5. Pseudo-Code Example
Below is a concise Python pseudo-code illustrating SINDy for a single time-series. The same logic extends to multiple variables or PDEs—only the library construction (and derivative approximations) becomes more elaborate.
import numpy as np
from sklearn.linear_model import Lasso
def compute_derivatives_1D(x, t):
# Simple forward difference
return (x[1:] - x[:-1]) / (t[1:] - t[:-1])
def build_feature_library_1D(x):
# Example library: [1, x, x^2, sin(x)]
return np.column_stack([
np.ones_like(x),
x,
x**2,
np.sin(x)
])
# Example data: x(t) at 7 time points
x_data = np.array([1.0, 2.1, 3.0, 4.2, 5.1, 5.8, 6.2])
t_data = np.array([0.0, 1.0, 2.0, 3.0, 4.0, 5.0, 6.0])
# 1) Numerically approximate derivatives (length = 6)
x_dot_approx = compute_derivatives_1D(x_data, t_data)
# 2) Build design matrix (length = 6 x 4)
X = build_feature_library_1D(x_data[:-1]) # match dimension
# 3) Fit with LASSO for sparsity
lasso = Lasso(alpha=0.1)
lasso.fit(X, x_dot_approx)
w_spar = lasso.coef_
print("Identified sparse coefficients:", w_spar)
build_feature_library_1D
could be extended to include more candidate functions.- For multi-variable or PDE data, we would similarly:
- Approximate partial derivatives \(\hat{u}_t,\, \hat{u}_x,\, \hat{u}_{xx},\dots\).

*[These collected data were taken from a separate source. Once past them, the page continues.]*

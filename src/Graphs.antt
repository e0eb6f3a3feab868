-- ===== src/Graphs.antt =====
-- packages/contracts/src/autolean_contracts/graphs.py: the research graphs of a bundle, and the
-- checks that their models run after the fields are read. The constraints of single fields are
-- the validation library's. Validation has `_validate_graph` with its cycle check.
pub mod Validation
pub mod Counting
pub mod Visits
pub mod Dictionaries
pub mod Acyclic
pub mod Ending
use auto_lean.Base.{
  Bool, true, not, ◌&&◌, ◌||◌, Option, List, [], ◌∷◌, String, Result, ok, value_error, ◌>>=◌, ◌>>◌,
  guard, if◌then◌else◌, map, ◌==◌, string_Eq,
}
use auto_lean.Base.Int.{ℤ}
use auto_lean.Base.Lists.{all, contains, distinct}
use auto_lean.Json.{Fields}
use Validation.{Link, validate_graph}

pub data MathematicalNodeKindV1 : Type 0 where
  definition theorem lemma example notation convention : MathematicalNodeKindV1

pub data MathematicalEdgeKindV1 : Type 0 where
  uses defines specializes equivalent_to motivates : MathematicalEdgeKindV1

pub data FormalNodeKindV1 : Type 0 where
  definition theorem instance_kind notation import_kind : FormalNodeKindV1

pub data FormalEdgeKindV1 : Type 0 where
  signature_depends_on body_depends_on imports instance_depends_on : FormalEdgeKindV1

pub data ExecutionNodeKindV1 : Type 0 where
  ingest rights_review normalize formalize fidelity_review prove verify integrate :
      ExecutionNodeKindV1

pub data ExecutionEdgeKindV1 : Type 0 where
  blocked_by produces retry_of supersedes : ExecutionEdgeKindV1

-- An identifier stands for its `value`.
pub record MathematicalNodeV1 : Type 0 where
  pub node_id : String
  pub kind : MathematicalNodeKindV1
  pub label : String
  pub source_span_ids : List String
  pub metadata : Fields

pub record MathematicalEdgeV1 : Type 0 where
  pub edge_id : String
  pub source : String
  pub target : String
  pub kind : MathematicalEdgeKindV1

pub record FormalNodeV1 : Type 0 where
  pub node_id : String
  pub kind : FormalNodeKindV1
  pub declaration_name : String
  pub metadata : Fields

pub record FormalEdgeV1 : Type 0 where
  pub edge_id : String
  pub source : String
  pub target : String
  pub kind : FormalEdgeKindV1

pub record ExecutionNodeV1 : Type 0 where
  pub node_id : String
  pub kind : ExecutionNodeKindV1
  pub label : String
  pub metadata : Fields

pub record ExecutionEdgeV1 : Type 0 where
  pub edge_id : String
  pub source : String
  pub target : String
  pub kind : ExecutionEdgeKindV1

pub record MathematicalGraphV1 : Type 0 where
  pub graph_id : String
  pub revision : ℤ
  pub nodes : List MathematicalNodeV1
  pub edges : List MathematicalEdgeV1

pub record FormalGraphV1 : Type 0 where
  pub graph_id : String
  pub revision : ℤ
  pub nodes : List FormalNodeV1
  pub edges : List FormalEdgeV1

pub record ExecutionGraphV1 : Type 0 where
  pub graph_id : String
  pub revision : ℤ
  pub nodes : List ExecutionNodeV1
  pub edges : List ExecutionEdgeV1

-- What `_validate_graph` reads of the edges of a graph.
abbrev pub mathematical_link : MathematicalEdgeV1 → Link
mathematical_link e = record { edge_id = e.edge_id; source = e.source; target = e.target }

abbrev pub formal_link : FormalEdgeV1 → Link
formal_link e = record { edge_id = e.edge_id; source = e.source; target = e.target }

abbrev pub execution_link : ExecutionEdgeV1 → Link
execution_link e = record { edge_id = e.edge_id; source = e.source; target = e.target }

-- Equivalence and motivation may be cyclic.
abbrev pub is_dependency : MathematicalEdgeKindV1 → Bool
is_dependency MathematicalEdgeKindV1.equivalent_to = Bool.false
is_dependency MathematicalEdgeKindV1.motivates = Bool.false
is_dependency _ = true

unfoldable pub dependency_edges : List MathematicalEdgeV1 → List MathematicalEdgeV1
dependency_edges [] = []
dependency_edges (e ∷ edges) =
    let rest = dependency_edges edges in if is_dependency e.kind then e ∷ rest else rest

unfoldable pub validate_mathematical : MathematicalGraphV1 → Result (Unit {0})
validate_mathematical g = do
  validate_graph (map (λ n. n.node_id) g.nodes) (map mathematical_link g.edges) true
  validate_graph (map (λ n. n.node_id) g.nodes) (map mathematical_link (dependency_edges g.edges))
      Bool.false

unfoldable pub validate_formal : FormalGraphV1 → Result (Unit {0})
validate_formal g =
    validate_graph (map (λ n. n.node_id) g.nodes) (map formal_link g.edges) Bool.false

unfoldable pub validate_execution : ExecutionGraphV1 → Result (Unit {0})
validate_execution g =
    validate_graph (map (λ n. n.node_id) g.nodes) (map execution_link g.edges) Bool.false

pub data AlignmentRelationV1 : Type 0 where
  formalizes defines supports approximates : AlignmentRelationV1

-- `confidence` is the number's shortest representation.
pub record CrossGraphAlignmentV1 : Type 0 where
  pub alignment_id : String
  pub mathematical_node_id : String
  pub formal_node_id : String
  pub relation : AlignmentRelationV1
  pub source_span_ids : List String
  pub confidence : String
  pub reviewer_id : Option String

pub record GraphBundleV1 : Type 0 where
  pub mathematical : MathematicalGraphV1
  pub formal : FormalGraphV1
  pub execution : ExecutionGraphV1
  pub alignments : List CrossGraphAlignmentV1

-- The loop over the alignments: all its failures raise the same error.
unfoldable pub validate_endpoints :
    List String → List String → List CrossGraphAlignmentV1 → Result (Unit {0})
validate_endpoints mathematical_ids formal_ids [] = ok tt
validate_endpoints mathematical_ids formal_ids (a ∷ rest) = do
  guard (contains a.mathematical_node_id mathematical_ids) value_error
  guard (contains a.formal_node_id formal_ids) value_error
  validate_endpoints mathematical_ids formal_ids rest

unfoldable pub validate_alignments : GraphBundleV1 → Result (Unit {0})
validate_alignments b = do
  guard (distinct (map (λ a. a.alignment_id) b.alignments)) value_error
  validate_endpoints (map (λ n. n.node_id) b.mathematical.nodes)
      (map (λ n. n.node_id) b.formal.nodes) b.alignments

-- The graphs of a bundle are validated before the bundle.
unfoldable pub validate_bundle : GraphBundleV1 → Result (Unit {0})
validate_bundle b = do
  validate_mathematical b.mathematical
  validate_formal b.formal
  validate_execution b.execution
  validate_alignments b
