-- ===== src/Service.antt =====
-- packages/control_plane/src/autolean_control_plane/service.py: `ControlPlane` on the event store,
-- the lease store and the artifact store. Payload reads the JSON of stored events, Binding the
-- frozen task of a registered bundle, Verification the report and its failures, and Verdicts has
-- `verify_submission`. Boundary, Recorded and Acceptance hold the proofs.
pub mod Payload
pub mod Binding
pub mod Verification
pub mod Verdicts
pub mod Boundary
pub mod Terms
pub mod Stored
pub mod Recorded
pub mod Acceptance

- Build a matrix with columns for each candidate term.
- Solve a sparse regression.
6. Summary
- Formulate a Library: List candidate functions of the system variables (e.g. \(\{1, x, x^2, \dots\}\) for ODEs; \(\{u, u^2, u_x, u_{xx}, \dots\}\) for PDEs).
- Approximate Derivatives: Use discrete data to numerically approximate \(\hat{\dot{x}}\) or \(\hat{u}_t, \hat{u}_x, \hat{u}_{xx}, \dots\).
- Build a Design Matrix: Evaluate each candidate function at each data point, yielding \(X\).
- Sparse Regression: Solve
\(\min_{\boldsymbol{w}} \bigl\|\hat{\mathbf{\dot{x}}} - X\,\boldsymbol{w}\bigr\|_2^2 \;+\;\lambda\|\boldsymbol{w}\|_1 \quad\text{(or with thresholding)}.\) The resulting \(\boldsymbol{w}\) picks out a small set of nonzero terms.